Auditory Brainstem Implants (ABI):
If the cochlea is severely damaged or absent, or the auditory nerve has been damaged, a standard cochlear implant will not work, as it relies on stimulation of bipolar neurones in the modiolus of the cochlea and a functioning auditory nerve to carry the impulses. In this situation, a brainstem implant may be an option.
The cochlear nuclei in the brainstem have a degree of tonotopical arrangement, and a flat electrode placed in the lateral recess of the fourth ventricle adjacent to the cochlear nuclei or on the surface of the cochlear nuclei can stimulate these, producing a percept of hearing. The receiver/stimulator package and external processor are similar to a conventional cochlear implant.

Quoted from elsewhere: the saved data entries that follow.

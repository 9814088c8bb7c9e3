-- ===== src/Alloc/Files.antt =====
-- ardain/src/file_alloc.rs: what `write_new_file` and `replace_file` do.
use ard_tools.Base.{
  ℕ, ◌+◌, ◌%◌, ◌^◌, ◌<◌, ◌≤◌, ◌≡◌, inl, inr, sym, ap, ◌∙◌, true, false, Option, some, List, arith,
  ltb, leb, ◌==◌, if◌then◌else◌, length, get_elem?, get_elem?-set_self, lt_of_get_elem?, set, All,
  Bool-cases, Option-cases, Run, ok, unwrap, >>=-eq-ok,
}
use ard_tools.Arh.Meta.{FileMeta, get_meta, set_flag}
use ard_tools.Arh.Blocks
use ard_tools.Arh.Blocks.{BlockAllocTable, find_free_space, find_space_replace}
use ard_tools.Arh.Blocks.Mark.{occupied_at}
use ard_tools.Fs.Error.{Error}
use ard_tools.Alloc.{
  Xbc1Lib, Output, Allocator, EntryFile, raw, raw_wrapped, compressed, CompressionStrategy,
  no_compression, best, standard, size_on_disk, entry_bytes, compress_data, update_meta,
  write_entry, write_new_file, replace_in_place, replace_moved, replace_file, offset_of,
}
use ard_tools.Alloc.Stored.{IsStored, replace_file-IsStored, ok_or-eq-ok}
use ard_tools.Alloc.Place.{
  touches, mark-touches, free_place, set-at, Replaced, Replaced-in_place, Replaced-moved,
}

unwrap-eq-ok : {A : Type 0} (x : Option A) {a : A} → unwrap {E = Error} x ≡ ok a → x ≡ some a
unwrap-eq-ok x e = ground arith

offset_of-eq-ok : (r : Run (Unit {0}) ℕ) {offset : ℕ} → offset_of r ≡ ok offset → r ≡ ok offset
offset_of-eq-ok r e = ground arith

ok_same : {A : Type 0} {a b : A} → ◌≡◌ {A = Run Error A} (ok a) (ok b) → a ≡ b
ok_same e = cc

module _ (lib : Xbc1Lib) where
  update_meta-eq-ok :
      (t : BlockAllocTable) (entry : EntryFile lib.Xbc1) (file : FileMeta) (offset : ℕ)
      {after : BlockAllocTable} {m : FileMeta}
      → update_meta lib t entry file offset ≡ ok (after, m)
      → (after ≡ Blocks.mark t m true)
        × (m.offset ≡ offset)
        × (m.compressed_size ≡ size_on_disk lib entry)
  unfolding update_meta set_flag
  update_meta-eq-ok t (raw bytes) file offset e = (ground arith, ground arith, ground arith)
  update_meta-eq-ok t (raw_wrapped bytes) file offset e = (ground arith, ground arith, ground arith)
  update_meta-eq-ok t (compressed xbc1) file offset e = (ground arith, ground arith, ground arith)

  module _ (output : Output) where
    -- What a success of `write_new_file` went through.
    write_new_file-eq-ok :
        (alloc : Allocator output.Sink) (id : ℕ) (bytes : List ℕ)
        (strategy : CompressionStrategy lib.CompressionType) {after : Allocator output.Sink}
        → write_new_file lib output alloc id bytes strategy ≡ ok after
        → (file : FileMeta) × (entry : EntryFile lib.Xbc1) × (payload : List ℕ) × (m : FileMeta)
          × (get_elem? alloc.file_table id ≡ some file)
          × (compress_data lib bytes strategy ≡ ok entry)
          × (entry_bytes lib entry ≡ ok payload)
          × (output.write_at alloc.writer m.offset payload ≡ some after.writer)
          × (find_free_space alloc.block_table (size_on_disk lib entry) ≡ ok m.offset)
          × (m.compressed_size ≡ size_on_disk lib entry)
          × (after.block_table ≡ Blocks.mark alloc.block_table m true)
          × (after.file_table ≡ set alloc.file_table id m)
    unfolding write_new_file
    write_new_file-eq-ok alloc id bytes strategy {after} e =
        let (file, found, e1) = >>=-eq-ok (unwrap (get_meta alloc.file_table id)) _ e in
        let (entry, packed, e2) = >>=-eq-ok (compress_data lib bytes strategy) _ e1 in
        let (offset, fits, e3) =
          >>=-eq-ok (offset_of (find_free_space alloc.block_table (size_on_disk lib entry))) _ e2 in
        let (writer, written, e4) =
          >>=-eq-ok (write_entry lib output alloc.writer offset entry) _ e3 in
        let ((table, m), updated, e5) =
          >>=-eq-ok (update_meta lib alloc.block_table entry file offset) _ e4 in
        let (marked, at, size) = update_meta-eq-ok alloc.block_table entry file offset updated in
        let (payload, shown, e6) = >>=-eq-ok (entry_bytes lib entry) _ written in
        let sink : writer ≡ after.writer = ground arith in
        (
          file,
          entry,
          payload,
          m,
          unwrap-eq-ok _ found,
          packed,
          shown,
          ap (λ o. output.write_at alloc.writer o payload) at
              ∙ ok_or-eq-ok _ e6
              ∙ ap (λ w. some w) sink,
          offset_of-eq-ok _ fits ∙ ground arith,
          size,
          ground arith,
          ground arith,
        )

    -- The bytes of an entry that `compress_data` makes are as many as its size.
    payload_size :
        (bytes : List ℕ) (strategy : CompressionStrategy lib.CompressionType)
        (entry : EntryFile lib.Xbc1) (payload : List ℕ)
        → ((x : lib.Xbc1) → length (lib.xbc1_bytes x) ≡ length (lib.compressed_stream x) + 0x30)
        → compress_data lib bytes strategy ≡ ok entry
        → entry_bytes lib entry ≡ ok payload
        → length payload ≡ size_on_disk lib entry
    unfolding compress_data entry_bytes size_on_disk
    payload_size bytes strategy (raw held) payload wire e packed = ap length (sym (ok_same packed))
    payload_size bytes strategy (compressed x) payload wire e packed =
        ap length (sym (ok_same packed)) ∙ wire x
    payload_size bytes no_compression (raw_wrapped held) payload wire e packed =
        absurd (ground arith)
    payload_size bytes best (raw_wrapped held) payload wire e packed =
        elim (Option-cases (lib.from_decompressed bytes lib.zlib)) [
          | inl fails ↦ absurd (ground (arith, e, fails))
          | inr (x, packs) ↦ absurd (ground (arith, e, packs))
        ]
    payload_size bytes (standard type) (raw_wrapped held) payload wire e packed =
        elim (Option-cases (lib.from_decompressed bytes type)) [
          | inl fails ↦ absurd (ground (arith, e, fails))
          | inr (x, packs) ↦ absurd (ground (arith, e, packs))
        ]

    -- Where `write_new_file` succeeds, on slots that fit into 64 bits, and the bytes of an XBC1 entry are its stream
    -- and 48 more: the bytes of the entry that `compress_data` made are written at the offset that the file's new
    -- metadata name, and are as many as those say; the file table differs at the file's id only; the file begins at a
    -- block's start; every block in which one of its bytes lies was free before and is occupied after; and no block
    -- that was occupied has become free.
    pub write_new_file_lem :
        (alloc : Allocator output.Sink) (id : ℕ) (bytes : List ℕ)
        (strategy : CompressionStrategy lib.CompressionType) (j k : ℕ)
        {after : Allocator output.Sink}
        → All (λ w. w < 2 ^ 64) alloc.block_table.blocks
        → ((x : lib.Xbc1) → length (lib.xbc1_bytes x) ≡ length (lib.compressed_stream x) + 0x30)
        → write_new_file lib output alloc id bytes strategy ≡ ok after
        → let unit = 2 ^ alloc.block_table.block_size_pow in
          let before = occupied_at alloc.block_table.blocks k in
          (entry : EntryFile lib.Xbc1) × (payload : List ℕ) × (m : FileMeta) × (compress_data lib
              bytes strategy
            ≡ ok entry)
          × (entry_bytes lib entry ≡ ok payload)
          × (output.write_at alloc.writer m.offset payload ≡ some after.writer)
          × (length payload ≡ m.compressed_size)
          × (get_elem? after.file_table j
              ≡ (if j == id then some m else get_elem? alloc.file_table j))
          × ((if ltb 0 m.compressed_size then m.offset % unit else 0) ≡ 0)
          × ((if touches unit m k then before else 0) ≡ 0)
          × ((if touches unit m k then 1 else before) ≤ occupied_at after.block_table.blocks k)
    write_new_file_lem alloc id bytes strategy j k {after} words wire e =
        let (file, entry, payload, m, found, packed, shown, written, fits, size, table, files) =
          write_new_file-eq-ok alloc id bytes strategy e in
        let place : find_free_space alloc.block_table m.compressed_size ≡ ok m.offset =
          rw size fits in
        let (aligned, vacant) = free_place alloc.block_table m k words place in
        (
          entry,
          payload,
          m,
          packed,
          shown,
          written,
          payload_size bytes strategy entry payload wire packed shown ∙ sym size,
          rw files (set-at alloc.file_table m id j found),
          aligned,
          vacant,
          rw table (mark-touches alloc.block_table m k),
        )

    replace_in_place-eq-ok :
        (alloc : Allocator output.Sink) (id : ℕ) (file : FileMeta) (entry : EntryFile lib.Xbc1)
        {after : Allocator output.Sink}
        → replace_in_place lib output alloc id file entry ≡ ok after
        → (m : FileMeta) × (m.offset ≡ file.offset)
          × (m.compressed_size ≡ size_on_disk lib entry)
          × (after.block_table ≡ Blocks.mark alloc.block_table m true)
          × (after.file_table ≡ set alloc.file_table id m)
    replace_in_place-eq-ok alloc id file entry e =
        let (writer, written, e1) =
          >>=-eq-ok (write_entry lib output alloc.writer file.offset entry) _ e in
        let ((table, m), updated, e2) =
          >>=-eq-ok (update_meta lib alloc.block_table entry file file.offset) _ e1 in
        let (marked, at, size) =
          update_meta-eq-ok alloc.block_table entry file file.offset updated in
        (m, at, size, ground arith, ground arith)

    replace_moved-eq-ok :
        (alloc : Allocator output.Sink) (id : ℕ) (file : FileMeta) (entry : EntryFile lib.Xbc1)
        {after : Allocator output.Sink}
        → replace_moved lib output alloc id file entry ≡ ok after
        → (m : FileMeta) × (m.compressed_size ≡ size_on_disk lib entry)
          × (after.block_table ≡ Blocks.mark (Blocks.mark alloc.block_table file false) m true)
          × (after.file_table ≡ set alloc.file_table id m)
    replace_moved-eq-ok alloc id file entry e =
        let (offset, fits, e1) =
          >>=-eq-ok (offset_of (find_space_replace alloc.block_table file (size_on_disk lib entry)))
            _ e in
        let (writer, written, e2) =
          >>=-eq-ok (write_entry lib output alloc.writer offset entry) _ e1 in
        let freed = Blocks.mark alloc.block_table file false in
        let ((table, m), updated, e3) = >>=-eq-ok (update_meta lib freed entry file offset) _ e2 in
        let (marked, at, size) = update_meta-eq-ok freed entry file offset updated in
        (m, size, ground arith, ground arith)

    -- The metadata that the file table has after are those of the data.
    stored_meta :
        (alloc : Allocator output.Sink) (entry : EntryFile lib.Xbc1) (id : ℕ) (m : FileMeta)
        {after : Allocator output.Sink}
        → (stored : IsStored lib output alloc id entry after)
        → after.file_table ≡ set alloc.file_table id m
        → id < length alloc.file_table
        → m ≡ stored.meta
    stored_meta alloc entry id m stored files lies =
        let here : some m ≡ some stored.meta =
          sym (get_elem?-set_self alloc.file_table id m lies)
          ∙ ap (λ t. get_elem? t id) (sym files ∙ stored.files)
          ∙ get_elem?-set_self alloc.file_table id stored.meta lies in
        cc

    -- Where `replace_file` succeeds: the bytes of the entry that `compress_data` made are written at the offset that
    -- the file's new metadata name, and their size is the entry's; the file table differs at the file's id only, and
    -- every block in which one of the file's bytes lies is occupied after. If the new data are no longer than the old
    -- ones, the file also stays where it was, and no block that was occupied has become free.
    pub replace_file_lem :
        (alloc : Allocator output.Sink) (id : ℕ) (bytes : List ℕ)
        (strategy : CompressionStrategy lib.CompressionType) (j k : ℕ)
        {after : Allocator output.Sink}
        → replace_file lib output alloc id bytes strategy ≡ ok after
        → (file : FileMeta) × (m : FileMeta) × (entry : EntryFile lib.Xbc1) × (payload : List ℕ)
          × (compress_data lib bytes strategy ≡ ok entry)
          × (entry_bytes lib entry ≡ ok payload)
          × (output.write_at alloc.writer m.offset payload ≡ some after.writer)
          × (m.compressed_size ≡ size_on_disk lib entry)
          × Replaced alloc.block_table alloc.file_table after.block_table after.file_table id j k
              file m
    unfolding replace_file
    replace_file_lem alloc id bytes strategy j k {after} e =
        let (file, found, e1) = >>=-eq-ok (unwrap (get_meta alloc.file_table id)) _ e in
        let (entry, packed, e2) = >>=-eq-ok (compress_data lib bytes strategy) _ e1 in
        let (made, packs, stored) = replace_file-IsStored lib output alloc id bytes strategy e in
        let lies = lt_of_get_elem? alloc.file_table id file (unwrap-eq-ok _ found) in
        elim (Bool-cases (leb (size_on_disk lib entry) file.compressed_size)) [
          | inl fits ↦
              let (m, here, size, table, files) =
                replace_in_place-eq-ok alloc id file entry {after = after} (ground arith) in
              let own = stored_meta alloc made id m stored files lies in
              (
                file,
                m,
                made,
                stored.payload,
                packs,
                stored.packed,
                ap (λ (n : FileMeta). output.write_at alloc.writer n.offset stored.payload) own
                    ∙ stored.written,
                ap (λ (n : FileMeta). n.compressed_size) own ∙ stored.size,
                Replaced-in_place alloc.block_table alloc.file_table id j k file m
                    (unwrap-eq-ok _ found) here table files,
              )
          | inr longer ↦
              let (m, size, table, files) =
                replace_moved-eq-ok alloc id file entry {after = after} (ground arith) in
              let own = stored_meta alloc made id m stored files lies in
              (
                file,
                m,
                made,
                stored.payload,
                packs,
                stored.packed,
                ap (λ (n : FileMeta). output.write_at alloc.writer n.offset stored.payload) own
                    ∙ stored.written,
                ap (λ (n : FileMeta). n.compressed_size) own ∙ stored.size,
                Replaced-moved alloc.block_table alloc.file_table id j k file m
                    (unwrap-eq-ok _ found) (ground arith) table files,
              )
        ]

Patients with Neurofibromatosis type 2 who may eventually end up with total bilateral hearing loss from their tumours or surgery, patients with auditory nerve aplasia, and patients with severe ossification of the cochleas may be candidates for a brainstem implant.
The hearing with brainstem implants is not as good as with cochlear implants, and open set speech discrimination is uncommon. Recent reports suggest some patients can get good results, but for most patients ABIs provide awareness of sound and aid lipreading. However, for these patients there is no alternative.
ABI devices are available from Cochlear, (with 21 active channels)
and from MedEl (with 12 active channels).
The cochlear nuclei contain a number of tonotopic maps at different depths and angles from the surface, and penetrating electrodes are being developed to try and make use of these different maps.
There is no obvious difference in outcomes between different ABI devices.